(Collected data)
□ □ □

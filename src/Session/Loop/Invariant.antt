-- ===== src/Session/Loop/Invariant.antt =====
-- The invariant of the loop of src/session/forward.rs in every phase, across outages, replays and
-- freezes.
use mathlib.Core.Path.{subst}
use traffic_director.Exec.Post.{Post, Post-mono}
use traffic_director.Session.Subscriptions.Shape.{IsOf, IsRestorable, track-IsRestorable}
use traffic_director.Session.Replay.Done.{Done, establish_broker-Done}
use traffic_director.Session.Outage.Buffer.{IsBuffer, empty_buffer-IsBuffer}
use traffic_director.Session.Outage.Service.{IsServed, service-IsServed}
use traffic_director.Session.Connected.{Loop}
use traffic_director.Session.Subscriptions.{Subscriptions}
use traffic_director.Session.Replay.{Link, establish_broker}
use traffic_director.Session.Outage.{OutageBuffer, Served, service_outage_packet}
use traffic_director.Session.Conn.{Next}
use traffic_director.Session.Loop.{Event, forward_loop}
use traffic_director.Window.Invariant.{IsValid, track_c2b-IsValid, track_b2c-IsValid}
use traffic_director.Window.{InflightWindows}
use traffic_director.Codec.{ProtocolVersion, MqttPacket, CodecLib, HasMqttHeaders}
use traffic_director.Prelude.{Bytes, ℕ, ◌≡◌, sym, List, All}
use traffic_director.Session.Kept.{Has, HasAfter, HasLink, HasServed, Kept}
use traffic_director.Session.Loop.Keeps.{EventFrom, forward_loop-Has}

-- The client's packets are of the session's version.
abbrev pub EventOf : {C : Type 0} → ProtocolVersion → Event C → Type 0
EventOf ver = EventFrom (IsOf ver) (λ _. Unit)

-- The session speaks `ver`; the windows are valid, the outage buffer is bounded and counted, and
-- the table can be re-issued.
pub record Sound {C : Type 0} (lib : CodecLib C) (ver v : ProtocolVersion) (w : InflightWindows)
    (b : OutageBuffer) (t : Subscriptions) : Type 0 where
  pub speaks : v ≡ ver
  pub windows_ok : IsValid w
  pub buffer_ok : IsBuffer b
  pub table_ok : IsRestorable lib ver t

module _ {C : Type 0} (lib : CodecLib C) (ver : ProtocolVersion) where
  abbrev pub IsLive : Loop C → Type 0
  IsLive = Has (Sound lib ver)

  abbrev pub Lives : {A : Type 0} → A → Loop C → Type 0
  Lives = HasAfter (Sound lib ver)

  module _ (laws : HasMqttHeaders lib) where
    service-Sound :
        (v : ProtocolVersion) (p : MqttPacket) (s : Served C)
        → IsOf ver p
        → HasServed (Sound lib ver) v s
        → HasServed (Sound lib ver) v (service_outage_packet lib p s).1
    service-Sound v p s o h =
        let i : IsServed lib ver (service_outage_packet lib p s).1 =
          service-IsServed lib laws ver s p o (record {
            buffer_ok = h.buffer_ok;
            windows_ok = h.windows_ok;
            subscriptions_ok = h.table_ok;
          }) in
        record {
          speaks = h.speaks;
          windows_ok = i.windows_ok;
          buffer_ok = i.buffer_ok;
          table_ok = i.subscriptions_ok;
        }

    replay-Sound :
        (v : ProtocolVersion) (connect_raw : Bytes) (t : Subscriptions) (connack suback : Next C)
        (k : Link C)
        → HasLink (Sound lib ver) v t tt k
        → Post (HasLink (Sound lib ver) v t) (establish_broker lib v connect_raw t connack suback k)
    replay-Sound v connect_raw t connack suback k h =
        Post-mono Done (HasLink (Sound lib ver) v t) _
          (establish_broker-Done lib v connect_raw t connack suback k
            (h.windows_ok, h.buffer_ok.deferred))
          (λ u k' d. record {
            speaks = h.speaks;
            windows_ok = d.0;
            buffer_ok = subst IsBuffer (sym d.1) empty_buffer-IsBuffer;
            table_ok = h.table_ok;
          })

    Sound-Kept : Kept lib (Sound lib ver) (IsOf ver) (λ _. Unit)
    Sound-Kept = record {
      client_tracked = λ v w w' b t p o e h. record {
        speaks = h.speaks;
        windows_ok = track_c2b-IsValid lib laws w p h.windows_ok e;
        buffer_ok = h.buffer_ok;
        table_ok = h.table_ok;
      };
      table_tracked = λ v w b t p o h. record {
        speaks = h.speaks;
        windows_ok = h.windows_ok;
        buffer_ok = h.buffer_ok;
        table_ok = track-IsRestorable lib ver t p o h.table_ok;
      };
      broker_tracked = λ v w w' b t p o e h. record {
        speaks = h.speaks;
        windows_ok = track_b2c-IsValid lib laws w p h.windows_ok e;
        buffer_ok = h.buffer_ok;
        table_ok = h.table_ok;
      };
      served = service-Sound;
      replayed = replay-Sound;
    }

module _ {C : Type 0} (lib : CodecLib C) (laws : HasMqttHeaders lib) (id fd : ℕ)
    (ver : ProtocolVersion) where
  -- Whatever happens to a session, in any order and however often its broker goes and comes back,
  -- it is frozen and thawed, or writes fail: as long as `forward_loop` returns without an error, the session
  -- speaks its version, its windows are valid, its outage buffer holds at most 1 MiB and is counted,
  -- and its subscription table can be re-issued, provided that this held before and that the client
  -- sends packets of its version.
  pub forward_loop-IsLive :
      (events : List (Event C)) (l : Loop C)
      → All (EventOf ver) events
      → IsLive lib ver l
      → Post (Lives lib ver) (forward_loop lib id fd events l)
  forward_loop-IsLive = forward_loop-Has lib (Sound lib ver) id fd (Sound-Kept lib ver laws)
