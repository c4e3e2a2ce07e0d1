-- ===== src/Session/Replay/Answers.antt =====
-- The packets that the broker answers a replay of src/session/forward.rs with, and the re-SUBSCRIBE.
use mathlib.Core.Path.{subst}
use traffic_director.Codec.{PacketV3, PacketV5, MqttPacket, v3, v5, CodecLib}
use traffic_director.Prelude.{
  Bytes, ℕ, ◌≤◌, ◌≡◌, refl, ap, Option, none, some, List, [], ◌∷◌, arith, length, sym, ◌-◌, ◌++◌,
  append-nil, ◌∙◌,
}
use traffic_director.Result.{ok}
use traffic_director.Session.Replay.{
  on_connack, assign_keep_alive, on_suback, resubscribe_with, broker_next, Link,
}
use traffic_director.Session.Replay.Writes.{wrote, broker_send_lem}
use traffic_director.Session.Subscriptions.{or_default}
use traffic_director.Exec.Steps.{step_ok}
use traffic_director.Session.Conn.{after_next, Conn, Next, next_packet, next_error, next_none}

abbrev pub IsConnack : {C : Type 0} → Next C → Type 0
IsConnack (next_packet (v3 (PacketV3.connect_ack a)) codec buf) = Unit
IsConnack (next_packet (v5 (PacketV5.connect_ack a)) codec buf) = Unit
IsConnack _ = ⊥

abbrev pub IsPacket : {C : Type 0} → Next C → Type 0
IsPacket (next_packet p codec buf) = Unit
IsPacket _ = ⊥

-- The keepalive after a CONNACK: the broker's, if it assigns one.
abbrev pub assigned : {C : Type 0} → Next C → ℕ → ℕ
assigned (next_packet (v5 (PacketV5.connect_ack a)) codec buf) keep_alive =
    or_default a.server_keepalive_sec keep_alive
assigned _ keep_alive = keep_alive

pub assign_keep_alive_lem :
    {C : Type 0} (o : Option ℕ) (l : Link C)
    → assign_keep_alive o l ≡ (ok tt, record l { keep_alive = or_default o l.keep_alive })
unfolding assign_keep_alive
assign_keep_alive_lem none l = refl
assign_keep_alive_lem (some secs) l = refl

pub on_connack_lem :
    {C : Type 0} (n : Next C) (l : Link C)
    → IsConnack n
    → on_connack n l ≡ (ok tt, record l { keep_alive = assigned n l.keep_alive })
unfolding on_connack
on_connack_lem (next_packet (v3 (PacketV3.connect_ack a)) codec buf) l h = refl
on_connack_lem (next_packet (v5 (PacketV5.connect_ack a)) codec buf) l h =
    assign_keep_alive_lem a.server_keepalive_sec l
on_connack_lem _ l h = absurd h

pub on_suback_lem : {C : Type 0} (n : Next C) (l : Link C) → IsPacket n → on_suback n l ≡ (ok tt, l)
unfolding on_suback
on_suback_lem (next_packet p codec buf) l h = refl
on_suback_lem (next_error codec buf) l h = absurd h
on_suback_lem (next_none codec buf) l h = absurd h

pub broker_next_lem :
    {C : Type 0} (n : Next C) (l : Link C)
    → broker_next n l ≡ (ok tt, record l { broker = after_next l.broker n })
unfolding broker_next
broker_next_lem n l = refl

module _ {C : Type 0} (lib : CodecLib C) where
  abbrev pub Resubscribed : Option MqttPacket → Next C → Conn C → List Bytes → Type 0
  Resubscribed none suback broker out = out ≡ []
  Resubscribed (some p) suback broker out =
      (raw : Bytes) × (lib.encode broker.codec p ≡ some raw) × IsPacket suback × (out ≡ raw ∷ [])

  abbrev pub resubscribed : Option MqttPacket → Next C → Conn C → List Bytes → Conn C
  resubscribed none suback broker out = broker
  resubscribed (some p) suback broker out = after_next (wrote broker out) suback

  pub resubscribe_with_lem :
      (o : Option MqttPacket) (suback : Next C) (l : Link C) (out : List Bytes)
      → Resubscribed o suback l.broker out
      → length out ≤ l.broker.room
      → resubscribe_with lib o suback l
        ≡ (ok tt, record l { broker = resubscribed o suback l.broker out })
  unfolding resubscribe_with
  resubscribe_with_lem none suback l out h room = refl
  resubscribe_with_lem (some p) suback l out (raw, enc, answer, one) room =
      let one_fits : 1 ≤ l.broker.room = subst (λ o. length o ≤ l.broker.room) one room in
      let l₁ : Link C = record l { broker = wrote l.broker (raw ∷ []) } in
      let l₂ : Link C = record l { broker = after_next (wrote l.broker (raw ∷ [])) suback } in
      step_ok _ (broker_send_lem lib l p raw enc one_fits) (
        step_ok (λ u. on_suback suback) (broker_next_lem suback l₁)
          (on_suback_lem suback l₂ answer
            ∙ ap (λ o. (ok tt, record l { broker = after_next (wrote l.broker o) suback }))
                (sym one)))

  -- The broker connection once its CONNACK and its SUBACK have been read.
  abbrev pub ready : Bytes → Next C → Option MqttPacket → Next C → Conn C → List Bytes → Conn C
  ready patched connack o suback broker sub =
      resubscribed o suback (after_next (wrote broker (patched ∷ [])) connack) sub

  pub after_next-sent : (conn : Conn C) (n : Next C) → (after_next conn n).sent ≡ conn.sent
  after_next-sent conn (next_packet p codec buf) = refl
  after_next-sent conn (next_error codec buf) = refl
  after_next-sent conn (next_none codec buf) = refl

  pub after_next-room : (conn : Conn C) (n : Next C) → (after_next conn n).room ≡ conn.room
  after_next-room conn (next_packet p codec buf) = refl
  after_next-room conn (next_error codec buf) = refl
  after_next-room conn (next_none codec buf) = refl

  pub resubscribed-sent :
      (o : Option MqttPacket) (suback : Next C) (conn : Conn C) (out : List Bytes)
      → Resubscribed o suback conn out
      → (resubscribed o suback conn out).sent ≡ conn.sent ++ out
  resubscribed-sent none suback conn out h =
      sym (append-nil conn.sent) ∙ ap (λ o. conn.sent ++ o) (sym h)
  resubscribed-sent (some p) suback conn out h = after_next-sent (wrote conn out) suback

  pub resubscribed-room :
      (o : Option MqttPacket) (suback : Next C) (conn : Conn C) (out : List Bytes)
      → Resubscribed o suback conn out
      → (resubscribed o suback conn out).room ≡ conn.room - length out
  resubscribed-room none suback conn out h =
      let shorter : length out ≡ 0 = ap length h in omega (arith, shorter)
  resubscribed-room (some p) suback conn out h = after_next-room (wrote conn out) suback
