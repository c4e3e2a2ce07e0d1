-- ===== src/Session/Replay/Order.antt =====
-- What a replay of src/session/forward.rs sends, in which order, and the state that it leaves.
use traffic_director.Session.Replay.Deferred.{last_deferred, vec_get-flushed, b2c-flushed}
use traffic_director.Window.Vec.{vec_get}
use traffic_director.Session.Replay.Answers.{
  IsConnack, Resubscribed, ready, assigned, after_next-room, resubscribed, resubscribed-room,
  resubscribed-sent, broker_next_lem, after_next-sent, on_connack_lem, resubscribe_with_lem,
}
use traffic_director.Session.Handshake.{force_session_resumption}
use traffic_director.Session.Outage.{empty_buffer}
use traffic_director.Session.{codec_for}
use traffic_director.Session.Outage.Buffer.{IsDeferred}
use traffic_director.Codec.{ProtocolVersion, MqttPacket, CodecLib}
use traffic_director.Prelude.{
  Bytes, ◌+◌, ◌≤◌, ◌≡◌, refl, ap, Option, List, [], ◌∷◌, arith, length, All, ◌-◌, ◌++◌, ◌∙◌,
  append_assoc, ℕ,
}
use traffic_director.Result.{ok}
use traffic_director.Exec.{◌>>◌, Exec}
use traffic_director.Session.Replay.{
  retransmit, flush_buffer, deliver_leftover, on_connack, resubscribe_with, Link, establish_broker,
}
use traffic_director.Session.Replay.Writes.{
  wrote, broker_write_each_lem, client_write_each_lem, broker_write_lem,
}
use traffic_director.Session.Replay.Leftover.{Drains, Encodes, deliver_leftover_lem}
use traffic_director.Session.Replay.Flush.{flushed, raws, flush_buffer_lem}
use traffic_director.Session.Subscriptions.{Subscriptions, resubscribe_packet}
use traffic_director.Window.{broker_retransmits, client_retransmits}
use traffic_director.Exec.Steps.{step_ok}
use traffic_director.Session.Conn.{after_next, Conn, Next}

retransmit_lem :
    {C : Type 0} (l : Link C) (to_broker to_client : List Bytes)
    → broker_retransmits l.windows ≡ ok to_broker
    → client_retransmits l.windows ≡ ok to_client
    → length to_broker ≤ l.broker.room
    → length to_client ≤ l.client.room
    → retransmit l
      ≡ (ok tt, record l { broker = wrote l.broker to_broker; client = wrote l.client to_client })
unfolding retransmit
retransmit_lem l to_broker to_client eb ec rb rc =
    step_ok _ {a = to_broker} {s' = l} (ap (λ r. (r, l)) eb) (
      step_ok _ (broker_write_each_lem l to_broker rb) (
        step_ok _ {a = to_client} {s' = record l { broker = wrote l.broker to_broker }}
          (ap (λ r. (r, record l { broker = wrote l.broker to_broker })) ec)
          (client_write_each_lem (record l { broker = wrote l.broker to_broker }) to_client rc)))

module _ {C : Type 0} (lib : CodecLib C) where
  catch_up_lem :
      (version : ProtocolVersion) (l : Link C) (ps : List MqttPacket)
      (frames to_broker to_client : List Bytes)
      → Drains lib (codec_for lib version) l.broker_leftover ps
      → length ps ≤ length l.broker_leftover
      → Encodes lib l.client.codec ps frames
      → broker_retransmits l.windows ≡ ok to_broker
      → client_retransmits l.windows ≡ ok to_client
      → All IsDeferred l.buffer.entries
      → length to_broker + length l.buffer.entries ≤ l.broker.room
      → length frames + length to_client ≤ l.client.room
      → (deliver_leftover lib version >> (retransmit >> flush_buffer)) l ≡ (
        ok tt,
        record l {
          broker = wrote (wrote l.broker to_broker) (raws l.buffer.entries);
          client = wrote (wrote l.client frames) to_client;
          windows = flushed l.windows l.buffer.entries;
          buffer = empty_buffer;
          broker_leftover = [];
        },
      )
  catch_up_lem version l ps frames to_broker to_client d few enc eb ec def rb rc =
      let l₁ : Link C = record l { client = wrote l.client frames; broker_leftover = [] } in
      let l₂ : Link C = record l₁ {
        broker = wrote l.broker to_broker;
        client = wrote (wrote l.client frames) to_client;
      } in
      step_ok _ (deliver_leftover_lem lib version l ps frames d enc (omega arith) few) (
        step_ok _ (retransmit_lem l₁ to_broker to_client eb ec (omega arith) (omega arith))
          (flush_buffer_lem l₂ def (omega arith)))

  -- What the re-SUBSCRIBE sends to a broker connection: nothing for an empty table, else one
  -- encoded packet, which the broker answers with a packet.
  establish_state :
      (version : ProtocolVersion) (connect_raw patched : Bytes) (subs : Subscriptions)
      (connack suback : Next C) (l : Link C) (sub : List Bytes) (ps : List MqttPacket)
      (frames to_broker to_client : List Bytes)
      → force_session_resumption connect_raw ≡ ok patched
      → IsConnack connack
      → Resubscribed lib
          (resubscribe_packet lib subs version)
          suback
          (after_next (wrote l.broker (patched ∷ [])) connack)
          sub
      → Drains lib (codec_for lib version) l.broker_leftover ps
      → length ps ≤ length l.broker_leftover
      → Encodes lib l.client.codec ps frames
      → broker_retransmits l.windows ≡ ok to_broker
      → client_retransmits l.windows ≡ ok to_client
      → All IsDeferred l.buffer.entries
      → 1 + length sub + length to_broker + length l.buffer.entries ≤ l.broker.room
      → length frames + length to_client ≤ l.client.room
      → establish_broker lib version connect_raw subs connack suback l ≡ (
        ok tt,
        record l {
          broker =
              wrote
                (wrote
                  (ready lib patched connack
                    (resubscribe_packet lib subs version)
                    suback
                    l.broker
                    sub)
                  to_broker)
                (raws l.buffer.entries);
          client = wrote (wrote l.client frames) to_client;
          windows = flushed l.windows l.buffer.entries;
          buffer = empty_buffer;
          broker_leftover = [];
          keep_alive = assigned connack l.keep_alive;
        },
      )
  unfolding establish_broker
  establish_state version connect_raw patched subs connack suback l sub ps frames to_broker
        to_client patch greeting subscribed d few enc eb ec def rb rc =
      let o : Option MqttPacket = resubscribe_packet lib subs version in
      let greeted : Conn C = after_next (wrote l.broker (patched ∷ [])) connack in
      let greeted_room : greeted.room ≡ l.broker.room - 1 =
        after_next-room lib (wrote l.broker (patched ∷ [])) connack in
      let a₃ : Exec (Link C) (Unit {0}) =
        deliver_leftover lib version >> (retransmit >> flush_buffer) in
      let a₂ : Exec (Link C) (Unit {0}) = resubscribe_with lib o suback >> a₃ in
      let a₁ : Exec (Link C) (Unit {0}) = on_connack connack >> a₂ in
      let l₁ : Link C = record l { broker = wrote l.broker (patched ∷ []) } in
      let l₂ : Link C = record l { broker = greeted } in
      let l₃ : Link C = record l₂ { keep_alive = assigned connack l.keep_alive } in
      let l₄ : Link C = record l₃ { broker = resubscribed lib o suback greeted sub } in
      let ready_room : (resubscribed lib o suback greeted sub).room ≡ greeted.room - length sub =
        resubscribed-room lib o suback greeted sub subscribed in
      step_ok _ {a = patched} {s' = l} (ap (λ r. (r, l)) patch) (
        step_ok _ (broker_write_lem l patched (omega arith)) (
          step_ok (λ u. a₁) (broker_next_lem connack l₁)
            (step_ok (λ u. a₂) (on_connack_lem connack l₂ greeting)
              (step_ok _
                (resubscribe_with_lem lib o suback l₃ sub subscribed (omega (arith, greeted_room)))
                (catch_up_lem version l₄ ps frames to_broker to_client d few enc eb ec def
                  (omega (arith, ready_room, greeted_room)) rc)))))

  -- A replay whose CONNECT is well formed, whose CONNACK and SUBACK arrive, and whose connections
  -- accept every write, succeeds. The broker is sent, in this order, the CONNECT that asks for
  -- resumption, the re-SUBSCRIBE if the table is not empty, the retransmissions of the windows and
  -- the deferred packets in their order; the client is sent the frames of the leftover bytes and
  -- then the retransmissions. Afterwards the client-to-broker window has, for each identifier,
  -- the last deferred PUBLISH, in flight as published, or the last deferred PUBREL, in flight as
  -- released, whichever came later, and what it had where none was deferred; the other window is as
  -- it was, the buffer and the leftover are empty, and a keepalive that the CONNACK assigns has
  -- replaced the client's.
  pub establish_broker-order :
      (version : ProtocolVersion) (connect_raw patched : Bytes) (subs : Subscriptions)
      (connack suback : Next C) (l : Link C) (sub : List Bytes) (ps : List MqttPacket)
      (frames to_broker to_client : List Bytes)
      → force_session_resumption connect_raw ≡ ok patched
      → IsConnack connack
      → Resubscribed lib
          (resubscribe_packet lib subs version)
          suback
          (after_next (wrote l.broker (patched ∷ [])) connack)
          sub
      → Drains lib (codec_for lib version) l.broker_leftover ps
      → length ps ≤ length l.broker_leftover
      → Encodes lib l.client.codec ps frames
      → broker_retransmits l.windows ≡ ok to_broker
      → client_retransmits l.windows ≡ ok to_client
      → All IsDeferred l.buffer.entries
      → 1 + length sub + length to_broker + length l.buffer.entries ≤ l.broker.room
      → length frames + length to_client ≤ l.client.room
      → (l' : Link C) × (establish_broker lib version connect_raw subs connack suback l
          ≡ (ok tt, l'))
        × (l'.broker.sent
            ≡ ((l.broker.sent ++ (patched ∷ [])) ++ sub) ++ (to_broker ++ raws l.buffer.entries))
        × (l'.client.sent ≡ l.client.sent ++ (frames ++ to_client))
        × ((id : ℕ)
            → vec_get l'.windows.c2b id
              ≡ last_deferred l.buffer.entries id (vec_get l.windows.c2b id))
        × (l'.windows.b2c ≡ l.windows.b2c)
        × (l'.buffer ≡ empty_buffer)
        × (l'.broker_leftover ≡ [])
        × (l'.keep_alive ≡ assigned connack l.keep_alive)
  establish_broker-order version connect_raw patched subs connack suback l sub ps frames to_broker
        to_client patch greeting subscribed d few enc eb ec def rb rc =
      let o : Option MqttPacket = resubscribe_packet lib subs version in
      let first : Conn C = wrote l.broker (patched ∷ []) in
      let second : List Bytes = (resubscribed lib o suback (after_next first connack) sub).sent in
      let greeted : second ≡ (l.broker.sent ++ (patched ∷ [])) ++ sub =
        resubscribed-sent lib o suback (after_next first connack) sub subscribed
        ∙ ap (λ s. s ++ sub) (after_next-sent lib first connack) in
      let sent : (second ++ to_broker) ++ raws l.buffer.entries
          ≡ ((l.broker.sent ++ (patched ∷ [])) ++ sub) ++ (to_broker ++ raws l.buffer.entries) =
        append_assoc second to_broker (raws l.buffer.entries)
        ∙ ap (λ s. s ++ (to_broker ++ raws l.buffer.entries)) greeted in
      (
        _,
        establish_state version connect_raw patched subs connack suback l sub ps frames to_broker
            to_client patch greeting subscribed d few enc eb ec def rb rc,
        sent,
        append_assoc l.client.sent frames to_client,
        vec_get-flushed l.windows l.buffer.entries,
        b2c-flushed l.windows l.buffer.entries,
        refl,
        refl,
        refl,
      )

□ □ □

→ WHAT YOU NEED TO DO: On how many lines above does the word "IsLive" appear? Answer with that figure only.

→ RESPONSE BELOW: 5